The library’s National Digital Information Infrastructure and Preservation Program uses teams of “selection officials” and “crawl engineers” to chase after the disappearing ink of the Web, one page at a time, arranging snapshots into chronological order. In August, they launched a project to archive end-of-term governmental Web sites, capturing Bush-era ephemera before a new administration sweeps in and all the current .gov sites begin to update or go dark.
Future past
Through such projects as the Internet Archives and the library’s digital preservation program, it’s possible to find just about any ancient Web site, as long as you know what you’re looking for.
The problem is that we rarely know what we’re looking for online. One thing leads us to another, and another — online, every connection is like a tenuous spider web.
This is why, in Google 2001, you end up skipping around from “Free Winona” T-shirts to warnings that gas prices may skyrocket at the end of the decade. Smart Google!

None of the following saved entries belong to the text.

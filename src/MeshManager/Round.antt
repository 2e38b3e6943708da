-- ===== src/MeshManager/Round.antt =====
-- The indices of the sphere and the cylinder of graphics/src/MeshManager.cc.
use ign_common.Common.{
  ℕ, suc, ◌+◌, ◌*◌, ◌^◌, ◌≤◌, ◌<◌, ◌≡◌, refl, false, arith, ◌==◌, inl, inr, Bool-cases,
}
use ign_common.Mesh.SubMesh.{Geometry, SubMesh, vertex_count, count}
use ign_common.MeshManager.Strips.{
  Floats, Strip, new_strip, add_quad, sphere_point, sphere_part, cylinder_point, cylinder_part, cap,
  cap_point, top_fan, fan_index, fan_before, bottom_fan,
}
use ign_common.MeshManager.Built.{
  IsBuilt, IsBuilt-count, IsGrown, rounds-keeps, grid-keeps, rows, add_point-IsBuilt,
  add_triangle-IsBuilt, advance-IsGrown,
}

module _ (g : Geometry) where
  pub add_quad-IsBuilt :
      (n b segments v : ℕ) (s : SubMesh g)
      → v + segments + 1 < b
      → 0 < segments
      → IsBuilt g n b s
      → IsBuilt g n b (add_quad g segments v s)
  add_quad-IsBuilt n b segments v s l z h =
      add_triangle-IsBuilt g n b (v + segments + 1) (v + 1) v _ (omega arith) (omega arith)
        (omega arith)
        (add_triangle-IsBuilt g n b (v + segments + 1) v (v + segments) s (omega arith)
          (omega arith) (omega arith) h)

  pub new_strip-IsGrown : (b : ℕ) → IsGrown g 0 b (new_strip g)
  new_strip-IsGrown b = record {
    built = record { vertex = refl; normal = refl; faces = tt };
    behind = omega arith;
  }

  module _ (fl : Floats g) where
    sphere_point-IsGrown :
        (radius : g.Real) (rings segments ring seg n b : ℕ) (st : Strip g)
        → 0 < segments
        → ((ring == rings) ≡ false → n + segments + 1 < b)
        → IsGrown g n b st
        → IsGrown g (suc n) b (sphere_point g fl radius rings segments ring seg st)
    unfolding sphere_point
    sphere_point-IsGrown radius rings segments ring seg n b st z l h =
        let hb = h.behind in
        let p = add_point-IsBuilt g n b _ _ _ _ st.part h.built in
        elim (Bool-cases (ring == rings)) [
          | inl e ↦ rw e (record { built = p; behind = omega arith })
          | inr e ↦
              let le = l e in
              rw e (
                advance-IsGrown g n b st.vertice_index _
                  (add_quad-IsBuilt (suc n) b segments st.vertice_index _ (omega arith) z p) hb)
        ]

    -- CreateSphere with at least one segment: the part has (rings + 1) * (segments + 1) vertices and as
    -- many normals, and its indices are triangles of these vertices.
    pub sphere_part_lem :
        (radius : g.Real) (rings segments : ℕ)
        → 0 < segments
        → IsBuilt g
            ((rings + 1) * (segments + 1))
            ((rings + 1) * (segments + 1))
            (sphere_part g fl radius rings segments)
    unfolding sphere_part
    sphere_part_lem radius rings segments z =
        let t = segments + 1 in
        let b = (rings + 1) * t in
        IsBuilt-count g (0 + b) b b _ (omega arith)
          (grid-keeps g (λ n st. IsGrown g n b st) (sphere_point g fl radius rings segments)
            (rings + 1) t 0 (new_strip g)
            (λ ring seg u x y h.
              sphere_point-IsGrown radius rings segments ring seg (0 + ring * t + seg) b u z
                (λ e.
                  let r = rows ring rings t (ground (arith, e, x)) in
                  let c : (rings + 1) * t ≡ rings * t + t = omega arith in omega arith)
                h)
            (new_strip-IsGrown b)).built

    cylinder_point-IsGrown :
        (radius height : g.Real) (rings segments ring seg n b : ℕ) (st : Strip g)
        → 0 < segments
        → ((ring == rings) ≡ false → n + segments + 1 < b)
        → IsGrown g n b st
        → IsGrown g (suc n) b (cylinder_point g fl radius height rings segments ring seg st)
    unfolding cylinder_point
    cylinder_point-IsGrown radius height rings segments ring seg n b st z l h =
        let hb = h.behind in
        let p = add_point-IsBuilt g n b _ _ _ _ st.part h.built in
        elim (Bool-cases (ring == rings)) [
          | inl e ↦ rw e (record { built = p; behind = omega arith })
          | inr e ↦
              let le = l e in
              rw e (
                advance-IsGrown g n b st.vertice_index _
                  (add_quad-IsBuilt (suc n) b segments st.vertice_index _ (omega arith) z p) hb)
        ]

    -- The indices of a fan around `v`, which stands behind a ring that starts at `o`.
    pub fan_index_lem :
        (o segments seg v : ℕ)
        → v ≡ o + segments + 1
        → v < 2 ^ 32
        → seg < segments
        → fan_index g fl v segments seg ≡ o + seg + 1
    fan_index_lem o segments seg v e l x = omega arith

    pub fan_before_lem :
        (o segments seg v : ℕ)
        → v ≡ o + segments + 1
        → v < 2 ^ 32
        → seg < segments
        → fan_before g fl v segments seg ≡ o + seg
    fan_before_lem o segments seg v e l x = omega arith

    -- A fan adds triangles of its vertices.
    abbrev pub IsFan : (ℕ → ℕ → ℕ → SubMesh g → SubMesh g) → Type 0
    IsFan fan =
        (n b o segments seg v : ℕ) (s : SubMesh g)
        → v ≡ o + segments + 1
        → v < 2 ^ 32
        → v < b
        → seg < segments
        → IsBuilt g n b s
        → IsBuilt g n b (fan v segments seg s)

    pub top_fan-IsFan : IsFan (top_fan g fl)
    unfolding top_fan
    top_fan-IsFan n b o segments seg v s e l m x h =
        let i = fan_index_lem o segments seg v e l x in
        let j = fan_before_lem o segments seg v e l x in
        add_triangle-IsBuilt g n b _ _ _ s m (omega arith) (omega arith) h

    bottom_fan-IsFan : IsFan (bottom_fan g fl)
    unfolding bottom_fan
    bottom_fan-IsFan n b o segments seg v s e l m x h =
        let i = fan_index_lem o segments seg v e l x in
        let j = fan_before_lem o segments seg v e l x in
        add_triangle-IsBuilt g n b _ _ _ s m (omega arith) (omega arith) h

    cap-IsBuilt :
        (fan : ℕ → ℕ → ℕ → SubMesh g → SubMesh g)
        → IsFan fan
        → (radius at_z up v : g.Real) (segments n b : ℕ) (s : SubMesh g) → n + segments + 2 ≤ b
        → n + segments + 2 < 2 ^ 32
        → IsBuilt g n b s
        → IsBuilt g (n + segments + 2) b (cap g fl fan radius at_z up v segments s)
    unfolding cap cap_point vertex_count count
    cap-IsBuilt fan f radius at_z up v segments n b s l w h =
        let r =
          rounds-keeps (λ k t. IsBuilt g (n + k) b t) (cap_point g fl radius at_z up v segments)
            (segments + 1) 0 s
            (λ k t x y q.
              IsBuilt-count g (suc (n + k)) (n + suc k) b _ (omega arith)
                (add_point-IsBuilt g (n + k) b _ _ _ _ t q))
            (IsBuilt-count g n (n + 0) b s (omega arith) h) in
        let c =
          IsBuilt-count g (suc (n + (0 + (segments + 1)))) (n + segments + 2) b _ (omega arith)
            (add_point-IsBuilt g (n + (0 + (segments + 1))) b _ _ _ _ _ r) in
        let cv = c.vertex in
        rounds-keeps (λ k t. IsBuilt g (n + segments + 2) b t) _ segments 0 _
          (λ k t x y q.
            f (n + segments + 2) b n segments k _ t (omega arith) (omega arith) (omega arith)
              (omega arith) q)
          c

    -- CreateCylinder with at least one segment and fewer than 2^32 vertices: the part has two rings
    -- and two middles more than a sphere, as many normals, and triangles of these vertices.
    pub cylinder_part_lem :
        (radius height : g.Real) (rings segments : ℕ)
        → 0 < segments
        → (rings + 3) * (segments + 1) + 2 < 2 ^ 32
        → IsBuilt g
            ((rings + 3) * (segments + 1) + 2)
            ((rings + 3) * (segments + 1) + 2)
            (cylinder_part g fl radius height rings segments)
    unfolding cylinder_part
    cylinder_part_lem radius height rings segments z w =
        let t = segments + 1 in
        let b = (rings + 3) * t + 2 in
        let n = 0 + (rings + 1) * t in
        let c : (rings + 1) * t ≡ rings * t + t = omega arith in
        let d : b ≡ rings * t + 3 * t + 2 = omega arith in
        let side =
          grid-keeps g (λ n st. IsGrown g n b st) (cylinder_point g fl radius height rings segments)
            (rings + 1) t 0 (new_strip g)
            (λ ring seg u x y h.
              cylinder_point-IsGrown radius height rings segments ring seg (0 + ring * t + seg) b u
                z (λ e. let r = rows ring rings t (ground (arith, e, x)) in omega arith) h)
            (new_strip-IsGrown b) in
        let top =
          cap-IsBuilt (top_fan g fl) top_fan-IsFan _ _ _ _ segments n b _ (omega arith)
            (omega arith) side.built in
        IsBuilt-count g (n + segments + 2 + segments + 2) b b _ (omega arith) (
          cap-IsBuilt (bottom_fan g fl) bottom_fan-IsFan _ _ _ _ segments (n + segments + 2) b _
            (omega arith) (omega arith) top)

Spend enough time looking at any time capsule, and you inevitably begin to view your own era as if you were an archaeologist peering back at it.
What about Google 2008 will seem out of touch in seven years? What will seem shockingly, eerily pertinent? Will searchers of the Internet Archive in 2015 click on today’s CNN.com and cluck thoughtfully? So that’s when it all began.
A pertinent e-mail, from the American Association of Museums: In Paris, software developer Marc-Olivier Barnard is building what he calls the “very first Internet Web site Museum,” Paleoweb.com, which is scheduled to launch this November and showcase the evolution of the Internet for future generations.
Unlike the archives you have to search through, “with museums, the best is displayed right there,” Barnard says.
Already curated, already organized, just waiting for us to come and discover what it was we once searched for.